Em meio à escalada da violência no Rio de Janeiro, o Ministério Público estadual decidiu retirar, há duas semanas, a segurança de um promotor ameaçado de morte. Leandro Navega, de 38 anos, atuava em um processo envolvendo a mulher de um traficante quando recebeu a seguinte informação de uma pessoa próxima: o traficante Gê Gatinho, chefe do Comando Vermelho no Complexo do Viradouro, em Niterói, sabia todos os detalhes da sua rotina: a cor do seu carro (e o fato de ser blindado), o endereço da sua residência e até o horário que levava o filho para a escola.
Logo depois de avisar o MP, Navega teve a segurança reforçada (ele já tinha escolta por ter atuado no caso da morte da juíza Patricia Acioli) e foi retirado da promotoria do tribunal do Júri de Niterói, onde trabalhava desde 2011. O promotor foi nomeado recentemente subcoordenador do Instituto de Educação e Pesquisa (IEP/MPRJ), uma área distante da linha de frente das ações penais.
Segundo o relato de Navega, diversos casos sobre Gê Gatinho passaram pelas suas mãos. No principal deles, o bandido foi condenado por executar o parente de um policial militar e ferir um comandante de batalhão. Gê também respondeu pelo roubo a um carro forte e foi acusado de usar o Facebook de dentro da cadeia para se comunicar com a família. De acordo com as informações de Navega para o MP, o incômodo do bandido com as investigações já era público em Niterói.
A insatisfação do traficante mudou de patamar quando Navega atuou em um julgamento por associação ao tráfico na 2ª Vara Criminal. O promotor rejeitou a revogação da prisão preventiva da mulher de Gê, chamada Jacqueline Lacy Ribeiro Caccavo. O recado do traficante foi claro para uma pessoa mantida sob sigilo por Navega: “Isso não vai ficar assim, não aceito perseguirem a minha família”, teria dito Gê. O promotor foi substituído e quem entrou no seu lugar acabou opinando pela prisão domiciliar de Jacqueline. Ela, que estava foragida desde então, já apresentou recentemente seu endereço para a Justiça.

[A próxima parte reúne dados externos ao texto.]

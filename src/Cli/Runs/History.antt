-- ===== src/Cli/Runs/History.antt =====
-- The conversation repository has no method `load_recent_messages`, so what calls it ends there.
use merge_mate.Base.{
  ℕ, String, Bool, false, Option, none, some, List, [], ◌∷◌, ◌≡◌, refl, ◌⊎◌, inl, inr, arith,
}
use merge_mate.Domain.Runs.{ChatId, AgentRun}
use merge_mate.Persistence.RunRepository.{list_for_chat, get_latest_non_terminal_for_chat}
use merge_mate.World.{Error}
use merge_mate.Cli.Shell.{Shell, returned, failed_with, Command, echo_to, ◌>>=◌}
use merge_mate.Cli.Sessions.{resolve_workflow}
use merge_mate.Cli.Prints.{
  Terminal, no_attribute, print_run_result, summary, print_session_resume_summary,
  print_conversation_history,
}
use merge_mate.Cli.Runs.{
  Options, chat_of, agent_of, workflow_of, or_no_workflow, chat_cli, latest_summary, resuming,
  resume_run, resume_cli,
}

-- A command that only prints.
abbrev Prints : Command (Unit {0}) → Shell → Type 0
Prints m s = ((m s).0 ≡ returned tt) × ((m s).1.world ≡ s.world)

-- A command that an exception ends, and that changes nothing.
abbrev pub IsFailing : {A : Type 0} → Command A → Shell → Type 0
IsFailing m s = (e : Error) × ((m s).0 ≡ failed_with e) × ((m s).1.world ≡ s.world)

module _ (t : Terminal) where
  print_run_result-Prints :
      (run : AgentRun) (quiet : Bool) (s : Shell) → Prints (print_run_result t run quiet) s
  unfolding print_run_result echo_to
  print_run_result-Prints run quiet s = (ground arith, ground arith)

  summary-Prints : (now : ℕ) (run : Option AgentRun) (s : Shell) → Prints (summary t now run) s
  unfolding summary echo_to
  summary-Prints now none s = (refl, refl)
  summary-Prints now (some run) s = (refl, refl)

  resume_summary-Prints :
      (chat : ChatId) (s : Shell) → Prints (print_session_resume_summary t chat) s
  unfolding print_session_resume_summary
  resume_summary-Prints chat s = summary-Prints _ _ s

  latest_summary-Prints :
      (o : Options) (runs : List AgentRun) (s : Shell) → Prints (latest_summary t o runs) s
  unfolding latest_summary echo_to
  latest_summary-Prints o [] s = (refl, refl)
  latest_summary-Prints o (run ∷ runs) s = print_run_result-Prints run false _

  module _ (absent : t.load_recent_messages ≡ none) where
    history_fails :
        (chat : ChatId) (s : Shell)
        → print_conversation_history t chat s ≡ (failed_with no_attribute, s)
    unfolding print_conversation_history
    history_fails chat s = rw absent refl

    with_workflow-IsFailing :
        (o : Options) (f : String → Command (Unit {0})) (s : Shell)
        → ((w : String) → IsFailing (f w) s)
        → (r : String ⊎ String) → IsFailing (or_no_workflow t o r >>= f) s
    with_workflow-IsFailing o f s next (inl w) = next w
    with_workflow-IsFailing o f s next (inr text) = (_, refl, refl)

  pub chat_cli-IsFailing :
      (o : Options) (typed : List String) (s : Shell)
      → t.load_recent_messages ≡ none
      → IsFailing (chat_cli t o typed) s
  unfolding chat_cli workflow_of
  chat_cli-IsFailing o typed s absent =
      let printed = resume_summary-Prints (chat_of t o) s in
      with_workflow-IsFailing absent o _ s
        (λ w. rw (printed.0, history_fails absent) (no_attribute, refl, printed.1))
        (resolve_workflow t.settings (agent_of t o) o.workflow)

  resume_run-IsFailing :
      (o : Options) (run : Option AgentRun) (s : Shell)
      → t.load_recent_messages ≡ none
      → IsFailing (resume_run t o run) s
  unfolding resume_run echo_to
  resume_run-IsFailing o none s absent =
      let printed = latest_summary-Prints o (list_for_chat (chat_of t o) (some 1) s.world.runs) s in
      rw (printed.0, history_fails absent) (no_attribute, refl, printed.1)
  resume_run-IsFailing o (some run) s absent =
      let printed = resume_summary-Prints (chat_of t o) (echo_to false (resuming t o run) s).1 in
      rw (printed.0, history_fails absent) (no_attribute, refl, printed.1)

  -- If the conversation repository has no method load_recent_messages, every resume of a session
  -- ends in an exception and changes neither runs nor jobs: no waiting run is approved.
  pub resume_cli-IsFailing :
      (o : Options) (s : Shell) → t.load_recent_messages ≡ none → IsFailing (resume_cli t o) s
  unfolding resume_cli
  resume_cli-IsFailing o s absent =
      resume_run-IsFailing o (get_latest_non_terminal_for_chat (chat_of t o) s.world.runs) s absent
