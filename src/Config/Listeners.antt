-- ===== src/Config/Listeners.antt =====
-- What an accepted configuration of the bot promises.
use merge_mate.Base.{
  String, true, false, ◌&&◌, ◌||◌, Option, none, some, [], ◌∷◌, ◌++◌, ◌≡◌, inl, refl, ◌==◌, str_eq,
  eq_iff, eq_refl, arith,
}
use merge_mate.Base.Chars.{CodePoints, rstrip_of}
use merge_mate.Config.Webhook.{
  ParseResult, TelegramConfig, Environment, UrlFault, normalize_listener_host, hosts_may_conflict,
  and_then, is_set, validate_path, starts_with_slash, is_loopback, validate_absolute_url,
  validate_base, validate_base_url, validate_listeners, validate_webhook, validate_webhook_settings,
  is_slash, url_of, resolve_telegram_webhook_url,
}

module _ (env : Environment) where
  -- Two listeners that may conflict may conflict the other way round, and with themselves.
  pub hosts_may_conflict_lem :
      (a b : String)
      → (hosts_may_conflict env a b ≡ hosts_may_conflict env b a)
        × (hosts_may_conflict env a a ≡ true)
  unfolding hosts_may_conflict
  hosts_may_conflict_lem a b =
      let x = normalize_listener_host env a in
      let y = normalize_listener_host env b in
      (ground (arith, eq_iff x y, eq_iff y x), rw (eq_refl x) refl)

  and_then-none :
      (first next : Option UrlFault) → and_then first next ≡ none → (first ≡ none) × (next ≡ none)
  and_then-none none next h = (refl, h)
  and_then-none (some f) next h = cc

  -- The URL under which the bot is reached is there and is safe, its path starts with a slash, and no
  -- two listeners stand in each other's way.
  abbrev pub IsServed : TelegramConfig → Type 0
  IsServed t =
      (base : CodePoints) × (t.webhook_public_base_url ≡ some base)
      × (resolve_telegram_webhook_url env t ≡ inl (rstrip_of (is_slash env) base ++ t.webhook_path))
      × (starts_with_slash t.webhook_path ≡ true)
      × ((str_eq (env.urlparse base).scheme "https"
            || (str_eq (env.urlparse base).scheme "http"
                && is_loopback env (env.urlparse base).hostname))
          ≡ true)
      × (is_set t.webhook_secret_token_env ≡ true)
      × ((t.webhook_healthcheck_enabled
            && (t.webhook_listen_port == t.webhook_healthcheck_listen_port
                && hosts_may_conflict env t.webhook_listen_host t.webhook_healthcheck_listen_host))
          ≡ false)

  validate_path-slash :
      (path : CodePoints) → validate_path path ≡ none → starts_with_slash path ≡ true
  unfolding validate_path
  validate_path-slash path h = ground (arith, h)

  validate_base_url-safe :
      (u : ParseResult)
      → validate_base_url env u ≡ none
      → (str_eq u.scheme "https" || (str_eq u.scheme "http" && is_loopback env u.hostname)) ≡ true
  unfolding validate_base_url
  validate_base_url-safe u h =
      let safe = (and_then-none (validate_absolute_url false u) _ h).1 in ground (arith, safe)

  base-safe :
      (base : Option CodePoints) (path : CodePoints)
      → validate_base env base ≡ none
      → (url : CodePoints) × (base ≡ some url)
        × (url_of env path base ≡ inl (rstrip_of (is_slash env) url ++ path))
        × ((str_eq (env.urlparse url).scheme "https"
              || (str_eq (env.urlparse url).scheme "http"
                  && is_loopback env (env.urlparse url).hostname))
            ≡ true)
  base-safe none path h = cc
  base-safe (some []) path h = cc
  base-safe (some (c ∷ t)) path h =
      (c ∷ t, refl, refl, validate_base_url-safe (env.urlparse (c ∷ t)) h)

  -- If the settings of a bot in webhook mode are accepted, the webhook's URL is there and is the
  -- base URL without its last slashes and the path, which starts with a slash; the scheme is
  -- https, or http to a loopback host; the secret's variable is named; and the health check is
  -- off, has another port, or listens on a host that does not conflict.
  pub validate_webhook_settings-IsServed :
      (t : TelegramConfig)
      → t.webhook_mode ≡ true
      → validate_webhook_settings env t ≡ none
      → IsServed t
  unfolding validate_webhook_settings validate_webhook validate_listeners
      resolve_telegram_webhook_url
  validate_webhook_settings-IsServed t mode h =
      let paths = and_then-none (validate_path t.webhook_path) _ h in
      let checks = (and_then-none (validate_path t.webhook_healthcheck_path) _ paths.1).1 in
      let webhook : validate_webhook env t ≡ none = rw mode at checks in
      let parts = and_then-none (validate_base env t.webhook_public_base_url) _ webhook in
      let (base, found, url, safe) = base-safe t.webhook_public_base_url t.webhook_path parts.0 in
      let others = parts.1 in
      (
        base,
        found,
        url,
        validate_path-slash t.webhook_path paths.0,
        safe,
        ground (arith, others),
        ground (arith, others),
      )
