-- ===== src/Domain.antt =====
-- The domain layer: src/mergemate/domain.
pub mod Status
pub mod Runs
pub mod Workflows
pub mod Souls
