-- ===== src/Domain/Souls/Writers.antt =====
-- Which role writes a section of the documents.
use mathlib.Core.Path.{subst}
use merge_mate.Base.{
  sym, ◌∙◌, String, Bool, true, false, not, ◌&&◌, ◌||◌, some, List, [], ◌∷◌, ◌≡◌, refl, elem,
  str_eq, eq_iff, find, by_key, Bool-cases, inl, inr, arith,
}
use merge_mate.Domain.Souls.{
  Soul, all_souls, soul_name, get_soul, planner_soul, architect_soul, coder_soul, tester_soul,
  reviewer_soul, chronicler_soul, explainer_soul,
}

-- Whether two lists have a common text.
abbrev shares : List String → List String → Bool
shares [] ys = false
shares (x ∷ xs) ys = elem x ys || shares xs ys

-- Nobody writes what one of the others writes.
abbrev apart : List String → List Soul → Bool
apart xs [] = true
apart xs (s ∷ ss) = not (shares xs s.doc_permissions.write) && apart xs ss

abbrev all_apart : List Soul → Bool
all_apart [] = true
all_apart (s ∷ ss) = apart s.doc_permissions.write ss && all_apart ss

-- No section is written by two of the registered roles.
all_souls-apart : all_apart all_souls ≡ true
unfolding all_souls planner_soul architect_soul coder_soul tester_soul reviewer_soul chronicler_soul
    explainer_soul elem
all_souls-apart = refl

shares-elem :
    (section : String) (xs ys : List String)
    → elem section xs ≡ true
    → elem section ys ≡ true
    → shares xs ys ≡ true
unfolding elem
shares-elem section [] ys h k = ground (arith, h)
shares-elem section (x ∷ xs) ys h k = elim (Bool-cases (str_eq x section)) [
  | inl e ↦ rw ((eq_iff x section).0 e, k) refl
  | inr e ↦ let later = shares-elem section xs ys (ground (arith, h, e)) k in ground (arith, later)
]

unshared :
    (section : String) (xs ys : List String)
    → elem section xs ≡ true
    → shares xs ys ≡ false
    → elem section ys ≡ false
unshared section xs ys h apart = elim (Bool-cases (elem section ys)) [
  | inr e ↦ e
  | inl e ↦ let both = shares-elem section xs ys h e in ground (arith, both, apart)
]

apart-find :
    (section role : String) (s : Soul) (xs : List String) (ss : List Soul)
    → apart xs ss ≡ true
    → find (by_key soul_name role) ss ≡ some s
    → elem section xs ≡ true
    → elem section s.doc_permissions.write ≡ false
unfolding find
apart-find section role s xs [] a f h = ground (arith, f)
apart-find section role s xs (r ∷ ss) a f h = elim (Bool-cases (str_eq r.name role)) [
  | inl e ↦
      let same : r ≡ s = cc (rw e at f) in
      let alone : shares xs s.doc_permissions.write ≡ false =
        subst (λ (u : Soul). shares xs u.doc_permissions.write ≡ false) same (ground (arith, a)) in
      unshared section xs s.doc_permissions.write h alone
  | inr e ↦ apart-find section role s xs ss (ground (arith, a)) (rw e at f) h
]

unique_writer :
    (section a b : String) (s t : Soul) (ss : List Soul)
    → all_apart ss ≡ true
    → find (by_key soul_name a) ss ≡ some s
    → find (by_key soul_name b) ss ≡ some t
    → elem section s.doc_permissions.write ≡ true
    → elem section t.doc_permissions.write ≡ true
    → s ≡ t
unfolding find
unique_writer section a b s t [] d f g h k = ground (arith, f)
unique_writer section a b s t (r ∷ ss) d f g h k =
    let alone : apart r.doc_permissions.write ss ≡ true = ground (arith, d) in
    let others : all_apart ss ≡ true = ground (arith, d) in
    elim (Bool-cases (str_eq r.name a)) [
      | inl e ↦ elim (Bool-cases (str_eq r.name b)) [
        | inl e' ↦
            let left : r ≡ s = cc (rw e at f) in
            let right : r ≡ t = cc (rw e' at g) in sym left ∙ right
        | inr e' ↦
            let left : r ≡ s = cc (rw e at f) in
            let mine =
              subst (λ (u : Soul). elem section u.doc_permissions.write ≡ true) (sym left) h in
            let none_else =
              apart-find section b t r.doc_permissions.write ss alone (rw e' at g) mine in
            ground (arith, none_else, k)
      ]
      | inr e ↦ elim (Bool-cases (str_eq r.name b)) [
        | inl e' ↦
            let right : r ≡ t = cc (rw e' at g) in
            let mine =
              subst (λ (u : Soul). elem section u.doc_permissions.write ≡ true) (sym right) k in
            let none_else =
              apart-find section a s r.doc_permissions.write ss alone (rw e at f) mine in
            ground (arith, none_else, h)
        | inr e' ↦ unique_writer section a b s t ss others (rw e at f) (rw e' at g) h k
      ]
    ]

-- Two registered roles that may write one section are the same role.
pub get_soul-writer :
    (section a b : String) (s t : Soul)
    → get_soul a ≡ some s
    → get_soul b ≡ some t
    → elem section s.doc_permissions.write ≡ true
    → elem section t.doc_permissions.write ≡ true
    → s ≡ t
unfolding get_soul
get_soul-writer section a b s t f g h k =
    unique_writer section a b s t all_souls all_souls-apart f g h k
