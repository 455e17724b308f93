-- ===== src/Gateway.antt =====
-- src/mergemate/infrastructure/llm/gateway.py.
pub mod Retry
pub mod Parallel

Procurado, o MP informou que retirou a escolta porque houve uma “avaliação técnica realizada por um comitê responsável, submetido à Coordenadoria de Segurança e Inteligência”. A assessoria de imprensa da instituição disse ainda que a transferência de função de Navega está ligada ao seu perfil acadêmico. Sobre o motivo de ter mudado de opinião sobre a prisão preventiva de Jacqueline semanas após o relato de ameaça, o MP não se manifestou.
Não é a primeira vez que a segurança de Navega provoca rebuliço no Ministério Público. O promotor sempre teve escolta porque os setores de inteligência do MP e da polícia detectaram que existiam planos para mata-lo por causa da sua atuação na investigação envolvendo o homicídio da juíza Patricia Acioli cometido por uma quadrilha de policiais militares. Em maio de 2014, a instituição retirou o carro blindado que era usado pelo promotor e o avisou de que retiraria em breve os seguranças. O caso provocou a gritaria do seu pai, o procurador Carlos Antonio Navega, na época rival do então procurador-geral de Justiça do Rio, Marfan Vieira Martins. O atual chefe do MP é José Eduardo Gussem, aliado de Marfan.
Há três anos, o MP chegou a explicar que os veículos blindados haviam sido apreendidos judicialmente após ação penal contra os proprietários da empresa locadora. O pai de Navega não aceitou a desculpa, dizendo publicamente que os promotores em risco não poderiam ficar sem proteção independente dos motivos.